I wasn’t prepared for the voltage loss but I suspect someone here might be able to mathematically demonstrate why.

As for the questions.
Yes, it was fed Wye, output delta

The input voltage was a solid 208.

I chose a 6kva as it was twice the minimum recommended size to connect backward and was the maximum I wanted to put on a 30 amp breaker to get ~15 amps out.


----------



## micromind (Aug 11, 2007)

The VFD will very likely do fine with 450 volts but it cannot output more than its input so the motor will max out at 450 volts. This shouldn't be a problem unless it's loaded to the gills........lol. 

If the VFD is being fed will anything other than a solidly grounded Y, you'll need to cut or disable the surge capacitors, MOVs or whatever they're using, on the input side. Some VFDs have jumpers you move, others you need to actually snip the leads.


----------



## CoolWill (Jan 5, 2019)

Southeast Power said:


> I studied up a bit and new about the 3kva limitation when wiring it backwards.
> I wasn’t prepared for the voltage loss but I suspect someone here might be able to mathematically demonstrate why.


208 in, 460 out is roughly a 1:2.2 ratio. So going the other way, 480 in, would result in about 218 out. As it's loaded toward its rating, the voltage will come down to 208.


----------



## frenchelectrican (Mar 15, 2007)

Splatz just hit the jackpot there were a turns ratio compensation on that and yes I have heard and see it once a while espcally with smaller transformer useally under 3KVA that where it will get ya if you are not aware of that. 

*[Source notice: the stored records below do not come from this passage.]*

-- ===== src/Jobs/Processor/RestRequest.antt =====
-- `_process_rest_request` of app/jobs/processor.py. The intake stores `request_params` as an object;
-- another value is refused here with TypeError.
use b24_sinedis.Prelude.{
  ℕ, pos, negsuc, String, Bool, true, false, not, Option, none, some, List, [], ◌∷◌, if◌then◌else◌,
  ◌==◌, comparable_ids, comparable_texts, length,
}
use b24_sinedis.Prelude.Text.{show_nat}
use b24_sinedis.Value.{
  Value, null, bool, str, int, float, arr, obj, nil, cons, Fields, field, end, get, put, of_list,
}
use b24_sinedis.Settings.{Settings}
use b24_sinedis.Portals.{BitrixPortal}
use b24_sinedis.Jobs.Model.{AutomationJob}
use b24_sinedis.Jobs.Processor.Persisted.{subscription_data}
use b24_sinedis.Jobs.Processor.Outcome.{
  save_result, retry, notify, error_values, deliver_subscription,
}
use b24_sinedis.Jobs.Processor.ShortPause.{on_invalid}
use b24_sinedis.Runtime.{Result, ok, raised, Env, Action, ◌>>=◌, ◌>>◌, pure, raise, lift, try_else}
use b24_sinedis.Bitrix.Exceptions.{
  Failure, bitrix, configuration_error, transport_error, timeout_error, invalid_response,
  authentication_error, permission_error, rate_limit_error, permanent_error,
  oauth_configuration_error, oauth_temporary_error, oauth_refresh_rejected, key_error, type_error,
  other_error,
}
use b24_sinedis.Bitrix.OAuth.Portal.{call_portal}

-- bool(v)
abbrev pub truthy : Option Value → Bool
truthy none = false
truthy (some null) = false
truthy (some (bool b)) = b
truthy (some (int (pos n))) = not (n == 0)
truthy (some (int (negsuc n))) = true
truthy (some (float (pos n))) = not (n == 0)
truthy (some (float (negsuc n))) = true
truthy (some (str s)) = not (s == "")
truthy (some (arr nil)) = false
truthy (some (arr (cons v vs))) = true
truthy (some (obj end)) = false
truthy (some (obj (field k v d))) = true

-- d[key]
abbrev pub item : Option Value → Result Value
item none = raised key_error
item (some v) = ok v

-- A method name that is no text fails the client's check, as the empty text does.
abbrev pub method_of : Value → String
method_of (str s) = s
method_of _ = ""

abbrev pub mapping_of : Value → Result Fields
mapping_of (obj d) = ok d
mapping_of _ = raised type_error

-- No match is None, one match its value, more the list.
abbrev pub selected : List Value → Value
selected [] = null
selected (v ∷ []) = v
selected (v ∷ w ∷ vs) = arr (of_list (v ∷ w ∷ vs))

abbrev pub result_text : Env → Value → String
result_text env null = ""
result_text env (str s) = s
result_text env (int z) = env.show (int z)
result_text env (float f) = env.show (float f)
result_text env (bool b) = env.show (bool b)
result_text env v = env.dumps v

unfoldable pub rest_values : Env → ℕ → List Value → Fields
unfolding show_nat
rest_values env job_id matches = field "status" (str "completed") (
    field "job_id" (str (show_nat job_id)) (
      field "result_text" (str (result_text env (selected matches))) (
        field "result_json" (str (env.dumps (selected matches))) (
          field "matches_count" (int (pos (length matches)))
            (field "error_code" (str "") (field "error_message" (str "") end))))))

abbrev pub found : Option (List Value) → Result (List Value)
found none = raised other_error
found (some matches) = ok matches

abbrev pub mark_requested : Fields → Fields
mark_requested payload = put "request_completed" (bool true) payload

-- The return values of an earlier call, if one was checkpointed.
abbrev pub checkpoint : AutomationJob → Fields → Option Fields
checkpoint job payload =
    if truthy (get "request_completed" payload)
    then elim job.return_values [ obj values ↦ some values | _ ↦ none ]
    else none

module _ (env : Env) (settings : Settings) where
  -- The guarded block: the call, the selection and the checkpoint.
  unfoldable pub request_and_save : AutomationJob → Fields → Action Fields
  unfolding get call_portal rest_values put save_result
  request_and_save job payload = do
    rest_method ← lift (item (get "rest_method" payload))
    raw_params ← lift (item (get "request_params" payload))
    request_params ← lift (mapping_of raw_params)
    answer ← call_portal env settings job.portal_id (method_of rest_method) request_params
    expression ← lift (item (get "jsonpath" payload))
    matches ← lift (found (env.jsonpath (method_of expression) answer.result))
    let values = rest_values env job.id matches
    save_result env job (mark_requested payload) values
    pure values

  -- The outcome of a failed call is saved before the notices, unless the row is marked already.
  unfoldable pub record_failure : AutomationJob → Fields → String → Fields → Action (Unit {0})
  unfolding put save_result notify get
  record_failure job payload message values =
      if truthy (get "request_completed" payload) then pure tt else (do
        save_result env job (mark_requested payload) values
        notify env settings job (mark_requested payload) message)

  -- A failed call: its values are delivered.
  unfoldable pub conclude : AutomationJob → String → Fields → String → String → Action (Unit {0})
  unfolding record_failure deliver_subscription
  conclude job event_token payload code message = do
    let values = error_values job code message
    record_failure job payload message values
    deliver_subscription env settings job event_token values

  abbrev outcome_unknown_message : String
  outcome_unknown_message = "Ответ портала не получен; результат выполнения REST-метода неизвестен."

  -- The `except` clauses. A temporary API error is named by none of them.
  abbrev pub on_request_failure : AutomationJob → String → Fields → Failure → Action (Unit {0})
  on_request_failure job token payload (bitrix (rate_limit_error e)) =
      retry env settings job "rest_request_rate_limited" (bitrix (rate_limit_error e))
  on_request_failure job token payload (bitrix oauth_temporary_error) =
      retry env settings job "oauth_temporarily_unavailable" (bitrix oauth_temporary_error)
  on_request_failure job token payload (bitrix transport_error) =
      conclude job token payload "rest_request_outcome_unknown" outcome_unknown_message
  on_request_failure job token payload (bitrix timeout_error) =
      conclude job token payload "rest_request_outcome_unknown" outcome_unknown_message
  on_request_failure job token payload (bitrix (permission_error e)) =
      conclude job token payload "rest_request_failed" "REST-запрос Bitrix24 завершился ошибкой."
  on_request_failure job token payload (bitrix (permanent_error e)) =
      conclude job token payload "rest_request_failed" "REST-запрос Bitrix24 завершился ошибкой."
  on_request_failure job token payload (bitrix (invalid_response s)) =
      conclude job token payload "rest_request_failed" "REST-запрос Bitrix24 завершился ошибкой."
  on_request_failure job token payload (bitrix (authentication_error e)) =
      conclude job token payload "rest_request_failed" "REST-запрос Bitrix24 завершился ошибкой."
  on_request_failure job token payload (bitrix configuration_error) =
      conclude job token payload "rest_request_failed" "REST-запрос Bitrix24 завершился ошибкой."
  on_request_failure job token payload (bitrix oauth_configuration_error) =
      conclude job token payload "rest_request_failed" "REST-запрос Bitrix24 завершился ошибкой."
  on_request_failure job token payload (bitrix oauth_refresh_rejected) =
      conclude job token payload "rest_request_failed" "REST-запрос Bitrix24 завершился ошибкой."
  on_request_failure job token payload e = raise e

  unfoldable pub request_or_deliver : AutomationJob → String → Fields → Action (Unit {0})
  unfolding get request_and_save conclude retry deliver_subscription
  request_or_deliver job event_token payload = elim (checkpoint job payload) [
    | some values ↦ deliver_subscription env settings job event_token values
    | none ↦
        try_else (request_and_save job payload) (on_request_failure job event_token payload)
          (deliver_subscription env settings job event_token)
  ]

  unfoldable pub process_rest_request : AutomationJob → Option BitrixPortal → Action (Unit {0})
  unfolding subscription_data request_or_deliver
  process_rest_request job portal =
      try_else (lift (subscription_data env job portal)) (on_invalid env settings job)
        λ (event_token, payload). request_or_deliver job event_token payload
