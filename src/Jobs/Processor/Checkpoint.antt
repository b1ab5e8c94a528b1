-- ===== src/Jobs/Processor/Checkpoint.antt =====
-- The checkpoint of `_process_rest_request` of app/jobs/processor.py: what a call leaves in the queue.
use b24_sinedis.Prelude.{
  ℕ, String, ◌≡◌, refl, true, some, [], ◌∷◌, map, All, All-imp, ◌∙◌, arith, if◌then◌else◌,
  comparable_ids, Bool-cases, inl, inr,
}
use b24_sinedis.Value.{obj, bool, Fields, get, get-put}
use b24_sinedis.Settings.{Settings}
use b24_sinedis.Jobs.Model.{AutomationJob, Table}
use b24_sinedis.Jobs.Repository.{is_held, transition, update_where, save_processing_result}
use b24_sinedis.Runtime.{Result, ok, raised, Env, World, ◌>>=◌, pure, lift, transact}
use b24_sinedis.Runtime.Contracts.{
  Outcome, Meets, Anywhere, Whatever, Meets-pure, Meets-lift, Meets-any, Meets-imp, Meets-bind,
  outcome-of,
}
use b24_sinedis.Bitrix.OAuth.Portal.{call_portal}
use b24_sinedis.Bitrix.OAuth.Traffic.{call_portal-bounds}
use b24_sinedis.Jobs.Processor.Outcome.{save_result, deliver_subscription}
use b24_sinedis.Jobs.Processor.RestRequest.{
  truthy, method_of, mark_requested, checkpoint, request_and_save, request_or_deliver,
}

-- A condition on the world alone holds after either outcome.
both :
    {A : Type 0} (t : Table) (r : Result A) (w : World)
    → w.jobs ≡ t
    → Outcome (λ a v. v.jobs ≡ t) (λ e v. v.jobs ≡ t) r w
both t (ok a) w h = h
both t (raised e) w h = h

-- Every held row keeps the marked payload, from which the next run reads the return values.
Saved : AutomationJob → Fields → Fields → AutomationJob → Type 0
Saved job payload values j =
    is_held job.id j ≡ true
    → (j.payload ≡ obj (mark_requested payload))
      × (checkpoint j (mark_requested payload) ≡ some values)

marked : (payload : Fields) → truthy (get "request_completed" (mark_requested payload)) ≡ true
marked payload = rw (get-put "request_completed" "request_completed" (bool true) payload) refl

module _ (job : AutomationJob) (payload values : Fields) where
  rows-Saved :
      (stamp : ℕ) (t : Table)
      → All (Saved job payload values) (
          map
            (λ j.
              if is_held job.id j
              then record j {
                payload = obj (mark_requested payload);
                return_values = obj values;
                updated_at = stamp;
              }
              else j)
            t)
  unfolding Saved
  rows-Saved stamp [] = tt
  rows-Saved stamp (j ∷ t) = (
    elim (Bool-cases (is_held job.id j)) [
      | inl e ↦ rw (e) λ h. (refl, rw (marked payload) refl)
      | inr e ↦ rw (e) λ h. ground (arith, e, h)
    ],
    rows-Saved stamp t,
  )

module _ (env : Env) (settings : Settings) (job : AutomationJob) (payload : Fields) where
  save-Saved :
      (values : Fields)
      → Meets Anywhere
          (λ u w. All (Saved job payload values) w.jobs)
          Whatever
          (save_result env job (mark_requested payload) values)
  unfolding save_result transact save_processing_result transition update_where ◌>>=◌ pure
  save-Saved values = record { run = λ w p. rows-Saved job payload values _ w.jobs }

  request-Saved :
      Meets Anywhere
        (λ values w. All (Saved job payload values) w.jobs)
        Whatever
        (request_and_save env settings job payload)
  unfolding request_and_save
  request-Saved = Meets-bind (Meets-any _) λ a. Meets-bind (Meets-any _) λ b.
      Meets-bind (Meets-any _) λ c. Meets-bind (Meets-any _) λ d. Meets-bind (Meets-any _) λ e.
        Meets-bind (Meets-any _) λ matches.
          Meets-bind (Meets-imp (save-Saved _) (λ w p. tt) (λ w u q. q) (λ w x q. q))
            λ u. Meets-pure _ (λ w p. p)

  Untouched : Table → World → Type 0
  Untouched t w = w.jobs ≡ t

  call-Untouched :
      (t : Table) (method : String) (params : Fields)
      → Meets
          (Untouched t)
          (λ a. Untouched t)
          (λ e. Untouched t)
          (call_portal env settings job.portal_id method params)
  unfolding Untouched
  call-Untouched t method params = record {
    run = λ w p.
        both t (call_portal env settings job.portal_id method params w).0 _
          ((call_portal-bounds env settings job.portal_id method params w).1 ∙ p);
  }

  kept :
      {A : Type 0} (t : Table) (r : Result A)
      → Meets (Untouched t) (λ a. Untouched t) (λ e. Untouched t) (lift r)
  kept t r = Meets-lift r (λ a e w p. p) (λ x e w p. p)

  saves :
      (t : Table) (values : Fields)
      → Meets
          (Untouched t)
          Whatever
          (λ e. Untouched t)
          (save_result env job (mark_requested payload) values)
  unfolding save_result transact ◌>>=◌ pure
  saves t values = record { run = λ w p. tt }

  request-Untouched :
      (t : Table)
      → Meets (Untouched t) Whatever (λ e. Untouched t) (request_and_save env settings job payload)
  unfolding request_and_save
  request-Untouched t = Meets-bind (kept t _) λ a. Meets-bind (kept t _) λ b.
      Meets-bind (kept t _) λ c. Meets-bind (call-Untouched t (method_of a) c) λ d.
        Meets-bind (kept t _)
          λ e. Meets-bind (kept t _) λ matches. Meets-bind (saves t _) λ u. Meets-pure _ (λ w p. tt)

-- After a call that was answered, every row of the job that is still held carries its return values,
-- and processing it again, in whatever environment, only delivers them: the call is not repeated.
pub request_checkpointed :
    (env : Env) (settings : Settings) (job : AutomationJob) (payload : Fields) (w : World)
    {values : Fields}
    → (request_and_save env settings job payload w).0 ≡ ok values
    → All
        (λ j.
          is_held job.id j ≡ true
          → (j.payload ≡ obj (mark_requested payload))
            × ((later : Env) (token : String)
                → request_or_deliver later settings j token (mark_requested payload)
                  ≡ deliver_subscription later settings j token values))
        (request_and_save env settings job payload w).1.jobs
unfolding Saved request_or_deliver
request_checkpointed env settings job payload w {values} h =
    All-imp (Saved job payload values) _
      (λ j s held. ((s held).0, λ later token. rw (request_or_deliver, (s held).1) refl)) _
      (outcome-of (λ v w'. All (Saved job payload v) w'.jobs) Whatever _ h
        ((request-Saved env settings job payload).run w tt))
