-- ===== src/Jobs/Processor/Delays.antt =====
-- `retry_delay_seconds` and `retry_at` of app/jobs/processor.py: the bounds of a delay.
use native.Mathlib.Nat.{mul-le-mul_left, pow-le-pow_right}
use b24_sinedis.Prelude.{ℕ, ℤ, ◌+◌, ◌-◌, ◌≤◌, min, ◌≡◌, Option, none, some, arith}
use b24_sinedis.Settings.{Settings}
use b24_sinedis.Time.{add_delta}
use b24_sinedis.Runtime.{ok}
use b24_sinedis.Jobs.Processor.Retry.{retry_delay_seconds, retry_at, at_least, at_least_after, bind}

-- Delays grow with the attempts, from the base, and never pass the maximum.
pub retry_delay_seconds-bounds :
    (a b base maximum jitter : ℕ) (random_value : ℤ)
    → a ≤ b
    → let delay = λ (n : ℕ). retry_delay_seconds n base maximum jitter random_value in
      (min maximum base ≤ delay a) × (delay a ≤ delay b) × (delay b ≤ maximum)
unfolding retry_delay_seconds
retry_delay_seconds-bounds a b base maximum jitter v h =
    let grown =
      mul-le-mul_left base
        (pow-le-pow_right {n = 2} (omega arith) (let h' : a - 1 ≤ b - 1 = omega arith in h')) in
    let start =
      mul-le-mul_left base
        (pow-le-pow_right {n = 2} (omega arith) (let h' : 0 ≤ a - 1 = omega arith in h')) in
    (omega (arith, start), omega (arith, grown), omega arith)

add_delta-eq : (now d : ℕ) {at : ℕ} → add_delta now d ≡ ok at → at ≡ now + d
unfolding add_delta
add_delta-eq now d h = ground arith

module _ (now d : ℕ) where
  -- The three bounds from below, for each of the four ways.
  raised_to :
      (retry_after reset : Option ℕ) {at : ℕ}
      → bind
          (add_delta now d)
          (λ delayed. bind (at_least_after now retry_after delayed) (λ c. ok (at_least reset c)))
        ≡ ok at
      → (now ≤ at)
        × ((n : ℕ) → retry_after ≡ some n → now + n ≤ at)
        × ((r : ℕ) → reset ≡ some r → r ≤ at)
        × (retry_after ≡ none → reset ≡ none → at ≤ now + d)
  unfolding add_delta
  raised_to none none h = (ground arith, (λ n e. cc), (λ r e. cc), λ e f. ground arith)
  raised_to none (some r) h = (ground arith, (λ n e. cc), (λ r' e. ground arith), λ e f. cc)
  raised_to (some n) none h = (ground arith, (λ n' e. ground arith), (λ r e. cc), λ e f. cc)
  raised_to (some n) (some r) h =
      (ground arith, (λ n' e. ground arith), (λ r' e. ground arith), λ e f. cc)

-- A retry is never earlier than the present, than the portal's `Retry-After`, or than the reset of
-- its operating limit; where the portal gives neither, it is at most the maximal delay away.
pub retry_at-bounds :
    (now attempts : ℕ) (settings : Settings) (random_value : ℤ) (retry_after reset : Option ℕ)
    (at : ℕ)
    → retry_at now attempts settings random_value retry_after reset ≡ ok at
    → (now ≤ at)
      × ((d : ℕ) → retry_after ≡ some d → now + d ≤ at)
      × ((r : ℕ) → reset ≡ some r → r ≤ at)
      × (retry_after ≡ none → reset ≡ none → at ≤ now + settings.worker_retry_max)
unfolding retry_at
retry_at-bounds now attempts settings v retry_after reset at h =
    let delay =
      retry_delay_seconds attempts settings.worker_retry_base settings.worker_retry_max
        settings.worker_retry_jitter v in
    let low = raised_to now delay retry_after reset h in
    let bound =
      (retry_delay_seconds-bounds attempts attempts settings.worker_retry_base
        settings.worker_retry_max settings.worker_retry_jitter v (omega arith)).2 in
    (low.0, low.1, low.2, λ e f. omega (arith, low.3 e f, bound))
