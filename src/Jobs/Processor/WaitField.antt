-- ===== src/Jobs/Processor/WaitField.antt =====
-- `_process_wait_field` of app/jobs/processor.py.
use b24_sinedis.Prelude.{
  ℕ, pos, negsuc, ℤ, ◌/◌, ◌+◌, String, Bool, true, false, Option, none, some, if◌then◌else◌, ◌==◌,
  comparable_ids, comparable_texts, ltb,
}
use b24_sinedis.Prelude.Int.{scale, neg}
use b24_sinedis.Prelude.Text.{show_nat, strip, decimal, length, is_empty}
use b24_sinedis.Value.{
  Value, null, bool, str, int, float, arr, obj, nil, Fields, field, end, get, get_or, put,
}
use b24_sinedis.Settings.{Settings, second}
use b24_sinedis.Time.{add_signed}
use b24_sinedis.Portals.{BitrixPortal}
use b24_sinedis.Jobs.Model.{AutomationJob}
use b24_sinedis.Jobs.Processor.Persisted.{subscription_data}
use b24_sinedis.Jobs.Processor.Outcome.{
  failed, poll_again, retry, notify, error_values, deliver_subscription,
}
use b24_sinedis.Jobs.Processor.RestRequest.{item}
use b24_sinedis.Runtime.{
  Result, ok, raised, Env, Action, ◌>>=◌, ◌>>◌, pure, raise, lift, try_else, read_clock,
}
use b24_sinedis.Bitrix.Exceptions.{
  Failure, bitrix, rate_limit_error, temporary_error, oauth_temporary_error, invalid_response,
  encryption_error, job_data_error, key_error, type_error, value_error,
}
use b24_sinedis.Bitrix.OAuth.Numbers.{int_of_stripped}
use b24_sinedis.Bitrix.OAuth.Portal.{call_portal}

-- int(v)
abbrev pub int_of : Value → Result ℤ
int_of (int z) = ok z
int_of (bool b) = ok (pos (if b then 1 else 0))
int_of (float (pos n)) = ok (pos (n / second))
int_of (float (negsuc n)) = ok (neg ((n + 1) / second))
int_of (str s) = elim (int_of_stripped (strip s)) [ none ↦ raised value_error | some z ↦ ok z ]
int_of _ = raised type_error

-- z + 1
abbrev pub next : ℤ → ℤ
next (pos n) = pos (n + 1)
next (negsuc n) = neg n

-- timedelta(seconds=v), in microseconds
abbrev pub delta_of : Value → Result ℤ
delta_of (int z) = ok (scale second z)
delta_of (float f) = ok f
delta_of (bool b) = ok (pos (if b then second else 0))
delta_of _ = raised type_error

-- datetime.fromisoformat(v).astimezone(UTC)
abbrev pub instant_of : Env → Value → Result ℕ
instant_of env (str s) = elim (env.from_iso_format s) [
  | none ↦ raised value_error
  | some (at, _) ↦ ok at
]
instant_of env _ = raised type_error

abbrev pub item_of : Value → Option Fields
item_of (obj result) = elim (get "item" result) [
  | some v ↦ (elim v [ obj d ↦ some d | _ ↦ none ])
  | none ↦ none
]
item_of _ = none

-- item.get(field_name)
abbrev pub read_field : Value → Fields → Result Value
read_field (str name) d = elim (get name d) [ none ↦ ok null | some v ↦ ok v ]
read_field (arr vs) d = raised type_error
read_field (obj o) d = raised type_error
read_field _ d = ok null

-- value.strip() if isinstance(value, str) else value
unfoldable pub normalized : Value → Value
unfolding strip
normalized (str s) = str (strip s)
normalized v = v

-- normalized in (None, "", [], {})
abbrev pub is_blank : Value → Bool
is_blank null = true
is_blank (str s) = s == ""
is_blank (arr nil) = true
is_blank (obj end) = true
is_blank _ = false

abbrev pub serialized : Env → Value → String
serialized env (str s) = s
serialized env v = env.dumps v

-- What a check decides: the job was put back, or values are to be delivered.
pub data Check : Type 0 where
  put_back : Check
  deliver : Fields → Check

module _ (env : Env) (settings : Settings) where
  abbrev field_values : AutomationJob → String → String → ℤ → String → String → String → Fields
  field_values job status value checks completed_at code message = field "status" (str status) (
      field "job_id" (str (show_nat job.id)) (
        field "field_value" (str value) (
          field "checks_count" (int checks) (
            field "completed_at" (str completed_at)
              (field "error_code" (str code) (field "error_message" (str message) end))))))

  abbrev timeout_message : String
  timeout_message = "Поле не было заполнено за установленное время."

  -- An empty field: poll again before the deadline, give up after it.
  unfoldable pub on_blank : AutomationJob → Fields → ℕ → ℕ → ℤ → Action Check
  unfolding get add_signed poll_again notify
  on_blank job payload created now checks = do
    raw_timeout ← lift (item (get "timeout_seconds" payload))
    timeout ← lift (delta_of raw_timeout)
    deadline ← lift (add_signed created timeout)
    if ltb now deadline
        then (do
          raw_interval ← lift (item (get "poll_interval_seconds" payload))
          interval ← lift (delta_of raw_interval)
          run_at ← lift (add_signed now interval)
          poll_again env job run_at payload
          pure put_back)
        else (do
          notify env settings job payload timeout_message
          pure (
              deliver
                (field_values job "timeout" "" checks "" "field_wait_timeout" timeout_message)))

  unfoldable pub check_field : AutomationJob → Fields → Action Check
  unfolding get get_or strip decimal length is_empty call_portal read_clock put on_blank normalized
  check_field job payload = do
    raw_created ← lift (item (get "created_at" payload))
    created ← lift (instant_of env raw_created)
    counted ← lift (int_of (get_or "checks_count" (int (pos 0)) payload))
    entity_type_id ← lift (item (get "entity_type_id" payload))
    entity_id ← lift (item (get "entity_id" payload))
    answer ← call_portal env settings job.portal_id "crm.item.get" (
        field "entityTypeId" entity_type_id
          (field "id" entity_id (field "useOriginalUfNames" (bool true) end)))
    found ← lift (elim (item_of answer.result) [
      | none ↦ raised (bitrix (invalid_response 200))
      | some d ↦ ok d
    ])
    field_name ← lift (item (get "field_name" payload))
    value ← lift (read_field field_name found)
    now ← read_clock env
    let checked = put "checks_count" (int (next counted)) payload
    if is_blank (normalized value)
        then on_blank job checked created now (next counted)
        else pure (
            deliver (
              field_values job "completed" (serialized env (normalized value)) (next counted)
                (env.iso_format now) "" ""))

  abbrev check_failed_message : String
  check_failed_message = "Не удалось проверить поле CRM."

  abbrev invalid_job : AutomationJob → Action (Unit {0})
  invalid_job job = failed env job "invalid_persisted_job"

  -- The `except` clauses of the whole method.
  abbrev pub on_check_failure : AutomationJob → String → Fields → Failure → Action (Unit {0})
  on_check_failure job token payload job_data_error = invalid_job job
  on_check_failure job token payload encryption_error = invalid_job job
  on_check_failure job token payload key_error = invalid_job job
  on_check_failure job token payload type_error = invalid_job job
  on_check_failure job token payload value_error = invalid_job job
  on_check_failure job token payload (bitrix (rate_limit_error e)) =
      retry env settings job "field_check_temporary_error" (bitrix (rate_limit_error e))
  on_check_failure job token payload (bitrix (temporary_error e)) =
      retry env settings job "field_check_temporary_error" (bitrix (temporary_error e))
  on_check_failure job token payload (bitrix oauth_temporary_error) =
      retry env settings job "field_check_temporary_error" (bitrix oauth_temporary_error)
  on_check_failure job token payload (bitrix e) = do
    notify env settings job payload check_failed_message
    deliver_subscription env settings job token
        (error_values job "field_check_failed" check_failed_message)
  on_check_failure job token payload e = raise e

  abbrev pub conclude_check : AutomationJob → String → Check → Action (Unit {0})
  conclude_check job token put_back = pure tt
  conclude_check job token (deliver values) = deliver_subscription env settings job token values

  unfoldable pub check_and_deliver : AutomationJob → String → Fields → Action (Unit {0})
  unfolding check_field failed retry notify deliver_subscription
  check_and_deliver job token payload =
      try_else (check_field job payload) (on_check_failure job token payload)
        (conclude_check job token)

  -- Before the payload is read only JobDataError and EncryptionError can be raised.
  unfoldable pub process_wait_field : AutomationJob → Option BitrixPortal → Action (Unit {0})
  unfolding subscription_data check_and_deliver failed
  process_wait_field job portal =
      try_else (lift (subscription_data env job portal)) (λ _. invalid_job job)
        λ (event_token, payload). check_and_deliver job event_token payload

I think you should be ok on 450 volt source once the motor is not loaded to max setting. 

the volt/Hz ratio is not too bad it kinda close to convental 460 volt motor setting. 

If you think it is too low you can use B/B to boost it up little more if you have to.


----------



## Southeast Power (Jan 18, 2009)

micromind said:


> The VFD will very likely do fine with 450 volts but it cannot output more than its input so the motor will max out at 450 volts. This shouldn't be a problem unless it's loaded to the gills........lol.
> 
> If the VFD is being fed will anything other than a solidly grounded Y, you'll need to cut or disable the surge capacitors, MOVs or whatever they're using, on the input side. Some VFDs have jumpers you move, others you need to actually snip the leads.


That ground reference is also a concern. They want to set up the drives before they ship out to a site. If they disable the surge components in the shop, can we assume they can simply be restored to working order after programing and before shipping out?


----------



## Cow (Jan 16, 2008)

We were in a similar situation a while back. Another guy in our shop had backfed a trans to get 480v for testing. After it was brought up that we weren't getting a grounded wye output, we replaced the trans with a proper step up trans to get a wye. 

Less likely to make a mistake during testing this way. Seemed worth it to me.


----------



## splatz (May 23, 2015)

More thorough whitepaper: 

http://apps.geindustrial.com/publibrary/checkout/Transformer2?TNR=White Papers|Transformer2|generic


----------